Shiba Inu (SHIB) Drops 60% in a Year: 3 AIs Predict Triggers for a Major Revival

It was late 2021 when the self-styled “Dogecoin killer” stunned the crypto market with a dramatic price rally that pushed its market capitalization above $40 billion.

That high was short-lived, and Shiba Inu slipped from those levels before staging a notable comeback in 2024, although it did not reclaim its all-time peak. The past year, however, has been disappointing for the token: its price is down roughly 60%. With confidence shaken among many holders, we asked three of the most popular AI chatbots to identify factors that could potentially spark a major revival for SHIB.

The Catalysts

ChatGPT highlighted that SHIB is increasingly regarded as more than just a meme coin, so its prospects now depend more on real utility within its ecosystem. One key catalyst it identified is widespread adoption of Shibarium.

Shibarium is a Layer-2 scaling solution created to support the Shiba Inu ecosystem by reducing transaction costs, increasing speed, and improving scalability. It launched in the summer of 2023 and initially generated strong interest, facilitating multi-million-dollar transactions on many days. The protocol experienced a security incident last year that led to a significant drop in activity and transaction volumes.

ChatGPT also pointed to the token’s supply dynamics as a critical issue. The meme coin’s extremely large supply has long been considered a major obstacle to sustained price appreciation.

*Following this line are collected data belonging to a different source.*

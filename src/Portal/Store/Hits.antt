-- ===== src/Portal/Store/Hits.antt =====
-- What is in the file of accounts of portal_server/main.go is found in the sorted list of it.
use mathlib.Core.Option.{some-injective}
use textile_erp_cloud.Base.{
  ℕ, zero, suc, ◌≡◌, refl, ap, ◌∙◌, inl, inr, Bool, true, false, ◌||◌, some, List, [], ◌∷◌, map,
  arith, Bool-cases, find, is_some,
}
use textile_erp_cloud.Base.Int.{ℤ, beq_ℤ_iff}
use textile_erp_cloud.Portal.Access.{Access}
use textile_erp_cloud.Portal.Store.{
  Row, read_row, read_accesses, write_row, write_accesses, is_newer, settle, sort_places, count_of,
  sort_accesses, list_accesses, has_id, any,
}
use textile_erp_cloud.Portal.Store.Kept.{read_written, read_row-key}

settle-any :
    (p : Access → Bool) (a : Access) (items : List Access)
    → (p (settle a items).0 || any p (settle a items).1) ≡ (p a || any p items)
unfolding settle
settle-any p a [] = refl
settle-any p a (b ∷ more) = elim (Bool-cases (is_newer b a)) [
  | inl newer ↦ rw newer (turn (p (settle b more).0) (p a) _ (p b) _ (settle-any p b more))
  | inr older ↦
      rw older
        (turn (p (settle a more).0) (p b) _ (p a) _ (settle-any p a more) ∙ swap (p b) (p a) _)
]
  where
    turn : (t x r y s : Bool) → (t || r) ≡ (y || s) → (t || (x || r)) ≡ (x || (y || s))
    turn t x r y s h = ground arith

    swap : (x y s : Bool) → (x || (y || s)) ≡ (y || (x || s))
    swap x y s = ground arith

sort_places-any :
    (p : Access → Bool) (n : ℕ) (items : List Access) → any p (sort_places n items) ≡ any p items
unfolding sort_places
sort_places-any p zero items = refl
sort_places-any p (suc n) [] = refl
sort_places-any p (suc n) (a ∷ more) =
    ap (λ r. p (settle a more).0 || r) (sort_places-any p n (settle a more).1) ∙ settle-any p a more

pub any-found : (p : Access → Bool) (items : List Access) → is_some (find p items) ≡ any p items
any-found p [] = refl
any-found p (a ∷ more) = elim (Bool-cases (p a)) [
  | inl hit ↦ rw hit refl
  | inr miss ↦ rw miss (any-found p more)
]

pub sort_accesses-any :
    (p : Access → Bool) (items : List Access) → any p (sort_accesses items) ≡ any p items
unfolding sort_accesses
sort_accesses-any p items = sort_places-any p (count_of items) items

-- A search in the list succeeds if some account of the file passes its test.
pub list_accesses-any :
    (p : Access → Bool) (file : List Row)
    → is_some (find p (list_accesses file)) ≡ any p (read_accesses file)
unfolding list_accesses sort_accesses
list_accesses-any p file =
    any-found p (sort_accesses (read_accesses file))
    ∙ sort_places-any p (count_of (read_accesses file)) (read_accesses file)

-- Another test passes where the first one has found an account that passes both.
pub find-any :
    (p q : Access → Bool) (items : List Access) (a : Access)
    → find p items ≡ some a
    → q a ≡ true
    → any q items ≡ true
find-any p q [] a e h = absurd (cc)
find-any p q (x ∷ more) a e h = elim (Bool-cases (p x)) [
  | inl hit ↦
      let same : x ≡ a = some-injective _ _ (rw hit at e) in
      let own : q x ≡ true = ap q same ∙ h in rw own refl
  | inr miss ↦ last (q x) (find-any p q more a (rw miss at e) h)
]
  where
    last : (b : Bool) {c : Bool} → c ≡ true → (b || c) ≡ true
    last true h = refl
    last false h = h

-- A test of ids passes as well after the accounts are written and read.
written-any :
    (q : Access → Bool) (id : ℤ) (items : List Access)
    → ((a : Access) → a.id ≡ id → q a ≡ true)
    → any (has_id id) items ≡ true
    → any q (map (λ a. read_row (write_row a)) items) ≡ true
written-any q id [] h e = absurd (cc)
written-any q id (a ∷ more) h e = elim (Bool-cases (has_id id a)) [
  | inl hit ↦
      let own : q (read_row (write_row a)) ≡ true =
        h (read_row (write_row a)) ((read_row-key (write_row a)).0 ∙ (beq_ℤ_iff a.id id).0 hit) in
      rw own refl
  | inr miss ↦ last (q (read_row (write_row a))) (written-any q id more h (rw miss at e))
]
  where
    last : (b : Bool) {c : Bool} → c ≡ true → (b || c) ≡ true
    last true h = refl
    last false h = h

pub written_id-found :
    (q : Access → Bool) (id : ℤ) (items : List Access)
    → ((a : Access) → a.id ≡ id → q a ≡ true)
    → any (has_id id) items ≡ true
    → is_some (find q (list_accesses (write_accesses items))) ≡ true
written_id-found q id items h e =
    list_accesses-any q (write_accesses items)
    ∙ ap (any q) (read_written items)
    ∙ written-any q id items h e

“If daily activity becomes enormous – gaming, payments, DeFi, AI apps, etc. – burn rates could accelerate dramatically. A true revival probably requires the market believing the supply can shrink meaningfully over time,” it noted.

Finally, the chatbot suggested that approval and launch of a spot SHIB ETF could attract new capital to the token and boost its price, noting that U.S. regulators have already approved spot products for other digital assets in recent years.

Perplexity echoed ChatGPT’s emphasis on burn rates and Shibarium’s importance, and added that a renewed meme coin season could also lift SHIB:

“When Dogecoin, Pepe, and similar coins start breaking out together, SHIB often benefits from sector-wide speculative flows rather than needing its own news first.”

The ‘Bitcoin Effect’ and More

The third chatbot, Google’s Gemini, argued that any meaningful breakout for SHIB will likely be tied to Bitcoin’s price action. According to Gemini, SHIB has matured to the point where it rarely surges independently of broader market trends.

“If Bitcoin breaks out to new highs and market liquidity increases, ‘hot money’ typically rotates from Bitcoin to Ethereum and then into higher-risk, higher-reward meme coins like SHIB,” it said.

Gemini also highlighted the role of large holders and whale activity. The chatbot suggested that without meaningful accumulation or fresh positioning by big investors, SHIB’s chances of staging a sustained resurgence are limited.

In summary, the AI chatbots identified several interconnected drivers that could help revive Shiba Inu: stronger real-world and on-chain utility via Shibarium, accelerated token burn mechanisms that reduce supply, sector-wide momentum during a renewed meme coin cycle, potential regulatory green lights such as a spot ETF, and capital flows tied to Bitcoin and major whale activity. Any combination of these elements—especially broader adoption that translates into measurable network activity—would likely be required to convince markets that SHIB can mount a durable recovery.